Problem statement
Answer with one number only: the count of lines below that hold the word "omega".

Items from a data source
= = = =

-- ===== src/Fdt/At.antt =====
-- crates/k0-boot/src/fdt.rs: reads at a place where it is known what the blob has from there on.
use k.Base.{
  length, ℕ, zero, suc, ◌+◌, ◌-◌, ◌^◌, ◌≤◌, ◌<◌, ◌≡◌, refl, sym, ap, ◌∙◌, arith, true, false, ◌&&◌,
  leb, ◌==◌, List, [], ◌∷◌, ◌++◌, some, length-append,
}
use k.Base.Bytes.{
  take, drop, slice, get_range, length-drop, take-append, drop-append, from_be, from_be_after,
  to_be, find_zero,
}
use k.Fdt.{ok, index_range, wrapping_add, be32, be64}

drop-nil : (n : ℕ) → drop {A = ℕ} n [] ≡ []
drop-nil zero = refl
drop-nil (suc n) = refl

drop-add : (m n : ℕ) (xs : List ℕ) → drop (m + n) xs ≡ drop n (drop m xs)
drop-add zero n xs = ap (λ t. drop t xs) (omega arith)
drop-add (suc m) n [] = drop-nil (suc m + n) ∙ sym (drop-nil n)
drop-add (suc m) n (x ∷ xs) =
    ap (λ t. drop t (x ∷ xs)) {y = suc (m + n)} (omega arith) ∙ drop-add m n xs

-- From `off` on, `blob` is `xs`.
abbrev pub At : (blob : List ℕ) → (off : ℕ) → (xs : List ℕ) → Type 0
At blob off xs = drop off blob ≡ xs

pub At-step :
    (blob : List ℕ) (off : ℕ) (xs rest : List ℕ)
    → At blob off (xs ++ rest)
    → At blob (off + length xs) rest
At-step blob off xs rest h =
    drop-add off (length xs) blob ∙ (ap (drop (length xs)) h ∙ drop-append xs rest)

pub At-length :
    (blob : List ℕ) (off : ℕ) (xs : List ℕ)
    → At blob off xs
    → 0 < length xs
    → off + length xs ≡ length blob
At-length blob off xs h some_byte = omega (arith, length-drop off blob, ap length h)

slice-At :
    (blob : List ℕ) (off : ℕ) (xs rest : List ℕ)
    → At blob off (xs ++ rest)
    → slice blob off (off + length xs) ≡ xs
slice-At blob off xs rest h =
    ap (λ t. take t (drop off blob)) {x = off + length xs - off} (omega arith)
    ∙ (ap (take (length xs)) h ∙ take-append xs rest)

module _ (blob : List ℕ) (off : ℕ) (xs rest : List ℕ) (h : At blob off (xs ++ rest))
    (some_byte : 0 < length (xs ++ rest)) where
  inside : off + length xs ≤ length blob
  inside = omega (arith, At-length blob off (xs ++ rest) h some_byte, length-append xs rest)

  pub get_range-At : get_range blob off (off + length xs) ≡ some xs
  unfolding get_range
  get_range-At = rw (tests, slice-At blob off xs rest h) refl
    where
      tests : (leb off (off + length xs) && leb (off + length xs) (length blob)) ≡ true
      tests = ground (arith, inside)

  pub index_range-At : index_range blob off (off + length xs) ≡ ok xs
  unfolding index_range
  index_range-At = rw (first, second, slice-At blob off xs rest h) refl
    where
      first : leb off (off + length xs) ≡ true
      first = ground arith

      second : leb (off + length xs) (length blob) ≡ true
      second = ground (arith, inside)

pub from_be-to_be4 : (v : ℕ) → v < 2 ^ 32 → from_be (to_be 4 v) ≡ v
unfolding from_be_after to_be
from_be-to_be4 v h = omega arith

from_be-to_be8 : (v : ℕ) → v < 2 ^ 64 → from_be (to_be 8 v) ≡ v
unfolding from_be_after to_be
from_be-to_be8 v h = omega arith

pub length-to_be : (n v : ℕ) → length (to_be n v) ≡ n
unfolding to_be
length-to_be zero v = refl
length-to_be (suc n) v = omega (arith, length-to_be n v)

module _ (blob : List ℕ) (small : length blob < 2 ^ 63) (off v : ℕ) (rest : List ℕ) where
  pub be32-At : v < 2 ^ 32 → At blob off (to_be 4 v ++ rest) → be32 blob off ≡ ok v
  unfolding be32
  be32-At fits h = rw (found, from_be-to_be4 v fits) refl
    where
      some_byte : 0 < length (to_be 4 v ++ rest)
      some_byte = omega (arith, length-append (to_be 4 v) rest, length-to_be 4 v)

      place : wrapping_add off 4 ≡ off + length (to_be 4 v)
      place = omega (
        arith,
        length-to_be 4 v,
        At-length blob off (to_be 4 v ++ rest) h some_byte,
        length-append (to_be 4 v) rest,
      )

      found : get_range blob off (wrapping_add off 4) ≡ some (to_be 4 v)
      found = ap (get_range blob off) place ∙ get_range-At blob off (to_be 4 v) rest h some_byte

  pub be64-At : v < 2 ^ 64 → At blob off (to_be 8 v ++ rest) → be64 blob off ≡ ok v
  unfolding be64
  be64-At fits h = rw (found, from_be-to_be8 v fits) refl
    where
      some_byte : 0 < length (to_be 8 v ++ rest)
      some_byte = omega (arith, length-append (to_be 8 v) rest, length-to_be 8 v)

      place : wrapping_add off 8 ≡ off + length (to_be 8 v)
      place = omega (
        arith,
        length-to_be 8 v,
        At-length blob off (to_be 8 v ++ rest) h some_byte,
        length-append (to_be 8 v) rest,
      )

      found : get_range blob off (wrapping_add off 8) ≡ some (to_be 8 v)
      found = ap (get_range blob off) place ∙ get_range-At blob off (to_be 8 v) rest h some_byte

-- No byte is 0.
abbrev pub NoZero : List ℕ → Type 0
NoZero [] = Unit
NoZero (b ∷ bs) = (0 < b) × NoZero bs

pub find_zero-name :
    (name rest : List ℕ) → NoZero name → find_zero (name ++ (0 ∷ rest)) ≡ some (length name)
unfolding find_zero
find_zero-name [] rest h = refl
find_zero-name (b ∷ bs) rest (some_bit, h) = rw (other, find_zero-name bs rest h) refl
  where
    other : (b == 0) ≡ false
    other = ground arith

= = = =

Expected answer
12